Coat of Arms of Jamaica |
In a recent lecture given in New York to expats, the Jamaican Ambassador to the United States disclosed that, over the past ten years, 20,000 Jamaican nationals have been deported from the United States. While she was quoting that disturbing statistic, in connection with her campaign to encourage Jamaican parents living in the US, to send their children to college, and to learn a marketable skill, for a constructive purpose, it also exposes a darker side, that American bankers might want to pay close attention to.

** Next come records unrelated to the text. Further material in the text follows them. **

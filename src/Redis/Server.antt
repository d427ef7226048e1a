-- ===== src/Redis/Server.antt =====
-- helios_permissions/redis_cache.go: what the cache relies on in a Redis server that answers every
-- command, and in encoding/json, as Redis and Go document them.
use helios_permission_golang.Prelude.{
  ℕ, ◌≤◌, ◌<◌, Str, Bool, true, if◌then◌else◌, Option, none, some, List, [], ◌∷◌, ◌++◌, pos, bytes,
  ◌==◌, Without, contains, ◌≡◌, ◌≢◌, ◌↔◌, ◌⊎◌,
}
use helios_permission_golang.Permission.{Permission}
use helios_permission_golang.Redis.{done, RedisClient}

-- The text has none of the bytes that a pattern gives a meaning: * ? [ ] \
abbrev pub IsLiteral : Str → Type 0
IsLiteral s = Without b'*' s × Without b'?' s × Without b'[' s × Without b']' s × Without b'\\' s

-- SET NX leaves a value that is there.
abbrev pub kept : Option Str → Str → Str
kept none v = v
kept (some w) v = w

-- The commands on a key space of strings, with no expiry where the duration is 0. DEL takes at
-- least one key; nothing is said of a DEL without keys, which Redis refuses. A full iteration
-- of SCAN returns each matching key that is there from its start to its end: `IsDue s cursor k`
-- says that the iteration at the cursor still has to return the key `k`, and `remaining` bounds the
-- pages it still takes.
pub record IsServer (R : RedisClient) : Type 1 where
  pub stored : R.Server → Str → Option Str
  pub get_reply : (k : Str) (s : R.Server) → (R.get k s).0 ≡ done (stored s k)
  pub stored_get : (k j : Str) (s : R.Server) → stored (R.get k s).1 j ≡ stored s j
  pub set_nx_reply : (k v : Str) (s : R.Server) → (b : Bool) × ((R.set_nx k v (pos 0) s).0 ≡ done b)
  pub stored_set_nx :
      (k v j : Str) (s : R.Server)
      → stored (R.set_nx k v (pos 0) s).1 j
        ≡ (if k == j then some (kept (stored s j) v) else stored s j)
  pub set_reply : (k v : Str) (s : R.Server) → (R.set k v (pos 0) s).0 ≡ none
  pub stored_set :
      (k v j : Str) (s : R.Server)
      → stored (R.set k v (pos 0) s).1 j ≡ (if k == j then some v else stored s j)
  pub del_reply :
      (k : Str) (ks : List Str) (s : R.Server) → (n : ℕ) × ((R.del (k ∷ ks) s).0 ≡ done n)
  pub stored_del :
      (k : Str) (ks : List Str) (j : Str) (s : R.Server)
      → stored (R.del (k ∷ ks) s).1 j ≡ (if contains (k ∷ ks) j then none else stored s j)
  pub page : ℕ → Str → ℕ → R.Server → List Str × ℕ
  pub scan_reply :
      (cursor : ℕ) (p : Str) (n : ℕ) (s : R.Server)
      → (R.scan cursor p n s).0 ≡ done (page cursor p n s)
  pub stored_scan :
      (cursor : ℕ) (p : Str) (n : ℕ) (j : Str) (s : R.Server)
      → stored (R.scan cursor p n s).1 j ≡ stored s j
  pub matches : Str → Str → Bool
  pub matches_star :
      (p q k : Str)
      → IsLiteral p
      → IsLiteral q
      → (matches (p ++ (bytes "*" ++ q)) k ≡ true) ↔ ((m : Str) × (k ≡ p ++ (m ++ q)))
  pub page_matches :
      (cursor : ℕ) (p : Str) (n : ℕ) (s : R.Server) (k : Str)
      → contains (page cursor p n s).0 k ≡ true
      → matches p k ≡ true
  pub IsDue : R.Server → ℕ → Str → Type 0
  pub due_at_start : (s : R.Server) (k : Str) → IsDue s 0 k
  pub due_scan :
      (cursor : ℕ) (p : Str) (n : ℕ) (s : R.Server) (k : Str)
      → IsDue s cursor k
      → stored s k ≢ none
      → matches p k ≡ true
      → (contains (page cursor p n s).0 k ≡ true)
        ⊎ (((page cursor p n s).1 ≢ 0) × IsDue (R.scan cursor p n s).1 (page cursor p n s).1 k)
  pub due_del :
      (k : Str) (ks : List Str) (s : R.Server) (cursor : ℕ) (j : Str)
      → IsDue s cursor j
      → IsDue (R.del (k ∷ ks) s).1 cursor j
  pub remaining : R.Server → ℕ → ℕ
  pub remaining_scan :
      (cursor : ℕ) (p : Str) (n : ℕ) (s : R.Server)
      → (page cursor p n s).1 ≢ 0
      → remaining (R.scan cursor p n s).1 (page cursor p n s).1 < remaining s cursor
  pub remaining_del :
      (k : Str) (ks : List Str) (s : R.Server) (cursor : ℕ)
      → remaining (R.del (k ∷ ks) s).1 cursor ≤ remaining s cursor

abbrev pub IsAscii : Str → Type 0
IsAscii [] = Unit
IsAscii (x ∷ s) = (x < 128) × IsAscii s

abbrev pub AreAscii : List Permission → Type 0
AreAscii [] = Unit
AreAscii (p ∷ ps) = IsAscii p × AreAscii ps

-- `json.Marshal` and `json.Unmarshal` on lists of ASCII texts, and on nil.
pub record IsCodec (R : RedisClient) : Type 0 where
  pub round_trip :
      (ps : List Permission)
      → AreAscii ps
      → (raw : Str) × (R.marshal (some ps) ≡ done raw) × (R.unmarshal raw ≡ done (some ps))
  pub nil_round_trip : (raw : Str) × (R.marshal none ≡ done raw) × (R.unmarshal raw ≡ done none)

Many young Jamaican children emigrated to the United States, with their parents, at a very young age, and obtained permanent residency here. What they did not generally do, when attaining the age of majority, is process for citizenship. When many, without jobs or educations, engaged in drug trafficking, after their conviction, they found that their "Green Cards" were revoked, and that they were summarily deported to the country of their birth, where many continue to live a life of crime. The Ambassador stated that 90% of Jamaicans deported from the US were expelled for drug crimes, mainly involving marijuana and, to a lesser extent, other "consumer" narcotics.
Twenty thousand drug dealers, couriers, traffickers and smugglers means a lot of criminal proceeds, much of which must be repatriated back to its Jamaican kingpins. While we have seen a couple of arrests, involving bulk cash smuggling attempts, from the United States, most of the narco-profits have never been seized, and presumably made it back safely to Jamaica.
Just how would an enterprising money launderer successfully send his clients' drug profits back home ? There are many methods available:
(1) Wire transfers, ostensibly to "purchase" Jamaican products, for shipment to the United States, or other countries. The manufacturer then goes out of business, into a contrived bankruptcy, or suffers a loss making shipment impossible, or indefinitely "delayed."
(2) Transfer pricing, or trade-based money laundering.
(3) Conversion of profits to another, more useful currency, and then shipment, well hidden within consumer goods, to Jamaica, as part of a bogus export scheme.
(4) Transmission of "profits," to Jamaican owner of US-based cash-intensive business, from the company's treasury.
(5) Bogus charitable organizations, sending "donations" to sister organizations in Jamaica.
(6) The use of nonprofits, ostensibly engaged in good works in Jamaica and the Caribbean to fund, or overfund, projects within Jamaica.
The possibilities are are as endless as the fertile (but criminal) minds of the money launderers employed to accomplish those illegal tasks.This presents a potential risk that should be carefully assessed.
As a banker in North America, and without profiling Jamaican business accounts for any discriminatory purpose, you should examine any substantial business client, whose ownership appears to be by Jamaican nationals, or corporate entities based abroad, to rule out the possibility that the company is a front for an advanced money laundering operation, sending drug profits back to its Jamaican owners, right under your nose.
Is the conduct of the business clearly inconsistent with others in that trade or industry ? Are their international transactions that do not have a profitable purpose ? Are the officers and senior leaders not working in the US, at the company's principal offices ? have you actually been to the site, to observe that the business is active and in operation ? Obtain these answers before concluding that it is a legitimate business client. If there are too many red flags, institute enhanced due diligence, using a competent, independent resource for the task.